◆ **REQUIRED WORK**: Reproduce each record exactly, leaving out no line.

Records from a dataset
=== Section Start ===

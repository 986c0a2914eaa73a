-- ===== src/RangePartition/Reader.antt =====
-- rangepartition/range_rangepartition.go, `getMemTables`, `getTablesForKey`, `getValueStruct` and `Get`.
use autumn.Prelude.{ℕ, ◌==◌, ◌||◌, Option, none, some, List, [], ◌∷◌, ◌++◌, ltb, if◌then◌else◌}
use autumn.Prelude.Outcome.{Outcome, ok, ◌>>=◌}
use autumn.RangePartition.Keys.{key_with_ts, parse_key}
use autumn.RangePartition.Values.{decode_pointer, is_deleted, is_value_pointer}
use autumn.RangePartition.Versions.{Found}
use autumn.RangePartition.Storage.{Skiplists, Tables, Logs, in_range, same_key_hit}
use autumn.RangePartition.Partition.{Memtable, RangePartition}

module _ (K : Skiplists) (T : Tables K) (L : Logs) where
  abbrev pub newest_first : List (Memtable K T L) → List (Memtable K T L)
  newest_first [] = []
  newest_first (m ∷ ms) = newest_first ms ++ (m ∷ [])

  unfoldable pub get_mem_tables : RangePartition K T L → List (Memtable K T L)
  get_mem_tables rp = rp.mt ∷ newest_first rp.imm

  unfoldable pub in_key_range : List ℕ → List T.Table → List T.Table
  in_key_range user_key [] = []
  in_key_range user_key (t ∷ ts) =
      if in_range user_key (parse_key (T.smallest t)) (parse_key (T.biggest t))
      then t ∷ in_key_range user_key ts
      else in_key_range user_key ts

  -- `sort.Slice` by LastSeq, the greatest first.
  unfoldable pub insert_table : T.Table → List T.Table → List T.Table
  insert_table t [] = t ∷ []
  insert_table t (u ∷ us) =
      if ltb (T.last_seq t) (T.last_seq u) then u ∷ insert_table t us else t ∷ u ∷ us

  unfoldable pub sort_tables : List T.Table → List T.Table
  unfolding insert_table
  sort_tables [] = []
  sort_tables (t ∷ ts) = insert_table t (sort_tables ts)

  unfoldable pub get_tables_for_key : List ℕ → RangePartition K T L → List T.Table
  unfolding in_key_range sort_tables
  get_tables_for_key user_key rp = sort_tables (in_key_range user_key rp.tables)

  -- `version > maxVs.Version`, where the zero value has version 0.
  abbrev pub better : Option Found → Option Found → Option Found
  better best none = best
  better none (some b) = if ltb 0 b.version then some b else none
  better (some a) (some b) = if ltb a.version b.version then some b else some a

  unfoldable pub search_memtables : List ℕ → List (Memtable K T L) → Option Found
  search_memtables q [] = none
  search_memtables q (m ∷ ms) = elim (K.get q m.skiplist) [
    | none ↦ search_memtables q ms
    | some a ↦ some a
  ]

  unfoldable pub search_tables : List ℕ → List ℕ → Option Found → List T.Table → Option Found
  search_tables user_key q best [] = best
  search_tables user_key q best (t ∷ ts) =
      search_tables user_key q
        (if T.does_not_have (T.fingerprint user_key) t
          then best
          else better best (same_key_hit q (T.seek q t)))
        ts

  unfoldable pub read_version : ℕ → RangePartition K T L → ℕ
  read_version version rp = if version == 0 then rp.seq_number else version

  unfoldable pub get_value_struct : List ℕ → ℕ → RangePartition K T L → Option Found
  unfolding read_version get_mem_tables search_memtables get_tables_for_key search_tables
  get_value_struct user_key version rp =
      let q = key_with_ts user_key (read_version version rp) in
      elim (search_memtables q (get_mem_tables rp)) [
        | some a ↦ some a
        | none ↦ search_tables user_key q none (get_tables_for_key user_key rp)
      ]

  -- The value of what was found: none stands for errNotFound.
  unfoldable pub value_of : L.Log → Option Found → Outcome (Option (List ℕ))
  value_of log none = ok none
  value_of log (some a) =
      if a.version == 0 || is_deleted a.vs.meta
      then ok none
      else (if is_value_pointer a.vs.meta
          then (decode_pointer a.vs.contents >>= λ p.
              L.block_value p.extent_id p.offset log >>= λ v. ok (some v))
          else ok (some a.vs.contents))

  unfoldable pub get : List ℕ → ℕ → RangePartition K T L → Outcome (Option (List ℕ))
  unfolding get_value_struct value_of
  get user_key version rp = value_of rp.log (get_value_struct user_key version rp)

=== Section End ===

◆ **TASK ANSWER**:
repository 986c0a2914eaa73a
-- ===== src/RangePartition/Reader.antt =====
-- rangepartition/range_rangepartition.go, `getMemTables`, `getTablesForKey`, `getValueStruct` and `Get`.
use autumn.Prelude.{ℕ, ◌==◌, ◌||◌, Option, none, some, List, [], ◌∷◌, ◌++◌, ltb, if◌then◌else◌}
use autumn.Prelude.Outcome.{Outcome, ok, ◌>>=◌}
use autumn.RangePartition.Keys.{key_with_ts, parse_key}
use autumn.RangePartition.Values.{decode_pointer, is_deleted, is_value_pointer}
use autumn.RangePartition.Versions.{Found}
use autumn.RangePartition.Storage.{Skiplists, Tables, Logs, in_range, same_key_hit}
use autumn.RangePartition.Partition.{Memtable, RangePartition}

module _ (K : Skiplists) (T : Tables K) (L : Logs) where
  abbrev pub newest_first : List (Memtable K T L) → List (Memtable K T L)
  newest_first [] = []
  newest_first (m ∷ ms) = newest_first ms ++ (m ∷ [])

  unfoldable pub get_mem_tables : RangePartition K T L → List (Memtable K T L)
  get_mem_tables rp = rp.mt ∷ newest_first rp.imm

  unfoldable pub in_key_range : List ℕ → List T.Table → List T.Table
  in_key_range user_key [] = []
  in_key_range user_key (t ∷ ts) =
      if in_range user_key (parse_key (T.smallest t)) (parse_key (T.biggest t))
      then t ∷ in_key_range user_key ts
      else in_key_range user_key ts

  -- `sort.Slice` by LastSeq, the greatest first.
  unfoldable pub insert_table : T.Table → List T.Table → List T.Table
  insert_table t [] = t ∷ []
  insert_table t (u ∷ us) =
      if ltb (T.last_seq t) (T.last_seq u) then u ∷ insert_table t us else t ∷ u ∷ us

  unfoldable pub sort_tables : List T.Table → List T.Table
  unfolding insert_table
  sort_tables [] = []
  sort_tables (t ∷ ts) = insert_table t (sort_tables ts)

  unfoldable pub get_tables_for_key : List ℕ → RangePartition K T L → List T.Table
  unfolding in_key_range sort_tables
  get_tables_for_key user_key rp = sort_tables (in_key_range user_key rp.tables)

  -- `version > maxVs.Version`, where the zero value has version 0.
  abbrev pub better : Option Found → Option Found → Option Found
  better best none = best
  better none (some b) = if ltb 0 b.version then some b else none
  better (some a) (some b) = if ltb a.version b.version then some b else some a

  unfoldable pub search_memtables : List ℕ → List (Memtable K T L) → Option Found
  search_memtables q [] = none
  search_memtables q (m ∷ ms) = elim (K.get q m.skiplist) [
    | none ↦ search_memtables q ms
    | some a ↦ some a
  ]

  unfoldable pub search_tables : List ℕ → List ℕ → Option Found → List T.Table → Option Found
  search_tables user_key q best [] = best
  search_tables user_key q best (t ∷ ts) =
      search_tables user_key q
        (if T.does_not_have (T.fingerprint user_key) t
          then best
          else better best (same_key_hit q (T.seek q t)))
        ts

  unfoldable pub read_version : ℕ → RangePartition K T L → ℕ
  read_version version rp = if version == 0 then rp.seq_number else version

  unfoldable pub get_value_struct : List ℕ → ℕ → RangePartition K T L → Option Found
  unfolding read_version get_mem_tables search_memtables get_tables_for_key search_tables
  get_value_struct user_key version rp =
      let q = key_with_ts user_key (read_version version rp) in
      elim (search_memtables q (get_mem_tables rp)) [
        | some a ↦ some a
        | none ↦ search_tables user_key q none (get_tables_for_key user_key rp)
      ]

  -- The value of what was found: none stands for errNotFound.
  unfoldable pub value_of : L.Log → Option Found → Outcome (Option (List ℕ))
  value_of log none = ok none
  value_of log (some a) =
      if a.version == 0 || is_deleted a.vs.meta
      then ok none
      else (if is_value_pointer a.vs.meta
          then (decode_pointer a.vs.contents >>= λ p.
              L.block_value p.extent_id p.offset log >>= λ v. ok (some v))
          else ok (some a.vs.contents))

  unfoldable pub get : List ℕ → ℕ → RangePartition K T L → Outcome (Option (List ℕ))
  unfolding get_value_struct value_of
  get user_key version rp = value_of rp.log (get_value_struct user_key version rp)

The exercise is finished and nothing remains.